Studio album by Blackbear
- Released: February 14, 2015
- Genre: Alternative R&B; synth pop;
- Length: 31:51
- Label: Beartrap
- Producer: Blackbear; Kizzo; Pettro; Nic Nac; Ben Harrison; Frequency; J. Hill; Basecamp; Mod Sun; DJ That; The Fakulty;

Blackbear chronology
| The Afterglow (2014) | Deadroses (2015) | Dead (2015) |

Singles from Deadroses
- "Idfc" Released: October 16, 2014; "4U" Released: January 7, 2015; "Dirty Laundry" Released: February 4, 2015;

= Deadroses =

2015 album by Blackbear

Deadroses (stylized in all lowercase) is the debut studio album by American singer Blackbear. It was released on February 14, 2015, as the first release by his independent record label Beartrap following the EP The Afterglow. The album includes guest appearances from G-Eazy and Devon Baldwin. It was preceded by the singles "Idfc", "4U", and "Dirty Laundry". The title track "Deadroses" was released as a promotional single. A deluxe edition of the album including the EP Dead, containing acoustic tracks from Deadroses, was sold as a limited edition two-disc set during 2015 and 2016.

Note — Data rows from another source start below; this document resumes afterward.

-- ===== src/AccessGate/Rewrite/Trusted.antt =====
-- The application sees the gate's identity headers and no caller's.
use showroom_msp_chat_ui.Prelude.{
  String, ◌≡◌, refl, ◌∙◌, inl, inr, Bool, false, ◌&&◌, ◌||◌, none, [], ◌∷◌, arith, ◌==◌,
  if◌then◌else◌, Bool-cases, All, sym, ◌≢◌, Option, some, List, eq_refl, is_some, ==-true, ne-==,
}
use showroom_msp_chat_ui.AccessGate.Header.{
  Header, strip_names, canonical, is_identity, delete, strip_identity,
}
use showroom_msp_chat_ui.Dictionary.{lookup, lookup-remove, lookup-insert}
use showroom_msp_chat_ui.AccessGate.Rewrite.{keep_cookies, rewrite, CookieJar, Cookie, add_cookie}
use showroom_msp_chat_ui.AccessGate.{Gate, role_header, email_header, cookie_name}
use showroom_msp_chat_ui.Text.{has_prefix}

-- net/http keeps a header's names canonical.
abbrev pub IsCanonical : Header → Type 0
IsCanonical = All (λ f. canonical f.0 ≡ f.0)

abbrev names_in : Header → String → Bool
names_in [] k = false
names_in ((name, _) ∷ names) k = (is_identity name && name == k) || names_in names k

lookup-strip_names :
    (names h : Header) (k : String)
    → IsCanonical names
    → lookup k (strip_names names h) ≡ (if names_in names k then none else lookup k h)
unfolding strip_names
lookup-strip_names [] h k _ = refl
lookup-strip_names ((name, vs) ∷ names) h k (c, cs) = elim (Bool-cases (is_identity name)) [
  | inl bad ↦
      rw bad (lookup-strip_names names (delete name h) k cs ∙ rw (lookup-remove, c) (ground arith))
  | inr fine ↦ rw fine (lookup-strip_names names h k cs)
]

names_in-lookup : (h : Header) (k : String) → names_in h k ≡ (is_identity k && is_some (lookup k h))
unfolding lookup
names_in-lookup [] k = ground arith
names_in-lookup ((name, vs) ∷ h) k = elim (Bool-cases (name == k)) [
  | inl same ↦ rw (==-true same, eq_refl k) (ground (arith, names_in-lookup h k))
  | inr other ↦ rw other (ground (arith, names_in-lookup h k))
]

-- After stripIdentity exactly the identity names are gone.
lookup-strip_identity :
    (h : Header) (k : String)
    → IsCanonical h
    → lookup k (strip_identity h) ≡ (if is_identity k then none else lookup k h)
unfolding strip_identity
lookup-strip_identity h k c = ground (arith, lookup-strip_names h h k c, names_in-lookup h k)

cookie_canonical : canonical "Cookie" ≡ "Cookie"
unfolding canonical
cookie_canonical = refl

lookup-keep_cookies :
    (jar : CookieJar) (cs : List Cookie) (h : Header) (k : String)
    → "Cookie" == k ≡ false
    → lookup k (keep_cookies jar cs h) ≡ lookup k h
unfolding keep_cookies
lookup-keep_cookies jar [] h k ne = refl
lookup-keep_cookies jar (c ∷ cs) h k ne = elim (Bool-cases (has_prefix c.name cookie_name)) [
  | inl own ↦ rw own (lookup-keep_cookies jar cs h k ne)
  | inr other ↦ rw other (
      lookup-keep_cookies jar cs (add_cookie jar c h) k ne
      ∙ unfold add_cookie in rw (lookup-insert, cookie_canonical, ne))
]

-- What the application finds under a name, apart from its cookies: the gate's four headers, nothing
-- under any other identity name, and the caller's values elsewhere.
abbrev pub trusted : Gate → String → Header → String → Option (List String)
trusted g identity header k =
    if "X-Forwarded-Host" == k
    then some (g.host ∷ [])
    else if "X-Forwarded-Proto" == k
    then some ("https" ∷ [])
    else if "X-Chatui-Role" == k
    then some ("user" ∷ [])
    else if "X-Chatui-Email" == k
    then some (identity ∷ [])
    else if is_identity k
    then none
    else lookup k header

own_canonical :
    (canonical "X-Forwarded-Host" ≡ "X-Forwarded-Host")
    × (canonical "X-Forwarded-Proto" ≡ "X-Forwarded-Proto")
    × (canonical role_header ≡ "X-Chatui-Role")
    × (canonical email_header ≡ "X-Chatui-Email")
unfolding canonical
own_canonical = (refl, refl, refl, refl)

-- For a request whose header names are canonical, the outgoing request goes to the gate's
-- upstream under the gate's host, and has under each name but Cookie exactly the trusted values:
-- the gate's own four headers, no other identity header, and the caller's values under every
-- other name.
pub rewrite-trusted :
    (jar : CookieJar) (g : Gate) (identity : String) (header : Header) (k : String)
    → IsCanonical header
    → k ≢ "Cookie"
    → (lookup k (rewrite jar g identity header).header ≡ trusted g identity header k)
      × ((rewrite jar g identity header).host ≡ g.host)
      × ((rewrite jar g identity header).target ≡ g.upstream)
unfolding rewrite
rewrite-trusted jar g identity header k c ne =
    let (c1, c2, c3, c4) = own_canonical in
    let other = ne-== (λ (e : "Cookie" ≡ k). ne (sym e)) in
    (
      lookup-keep_cookies jar _ _ k other
          ∙ (rw (lookup-remove, cookie_canonical, other)
              (simp (lookup-insert, c1, c2, c3, c4, lookup-strip_identity header k c))),
      refl,
      refl,
    )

The album peaked at 37 on the Billboard Top R&B/Hip-Hop Albums chart and was certified gold by the RIAA on June 30, 2022.

==Track listing==

- All song titles are stylized in lowercase letters.
- "Deadroses" samples an episode of Match Game aired in 1975.

Deadroses track listing
| No. | Title | Writer(s) | Producer(s) | Length |
|---|---|---|---|---|
| 1. | "4U" | Matthew Musto; Tearce Kizzo; | Kizzo | 2:38 |
| 2. | "I Needed You" | Musto | Pettro | 2:56 |
| 3. | "Ain't Trippin" | Musto | Nic Nac | 3:05 |
| 4. | "90210" (featuring G-Eazy) | Musto; Gerald Gillum; Bryan Fryzel; Ben Harrison; | Harrison; Frequency; | 3:43 |
| 5. | "Ain't Love" | Musto | J. Hill | 3:12 |
| 6. | "Idfc" | Musto | Blackbear | 4:05 |
| 7. | "Waste Away" (featuring Devon Baldwin) | Musto; Baldwin; | Basecamp | 3:05 |
| 8. | "Dirty Laundry" | Musto | Blackbear | 2:45 |
| 9. | "My Heart Is Lost" | Musto | Mod Sun; DJ That; | 3:18 |
| 10. | "Deadroses" | Musto; Brett Somers; Gene Rayburn; | The Fakulty | 3:04 |
| Total length: |  |  |  | 31:51 |

== Charts ==

| Chart (2015) | Peak position |
|---|---|
| US Top R&B/Hip-Hop Albums (Billboard) | 37 |
| US Heatseekers Albums (Billboard) | 4 |
| US Independent Albums (Billboard) | 20 |

== Certifications ==

| Region | Certification | Certified units/sales |
| New Zealand (RMNZ) | Gold | 7,500^{‡} |
| United States (RIAA) | Gold | 500,000^{‡} |
^{‡} Sales+streaming figures based on certification alone.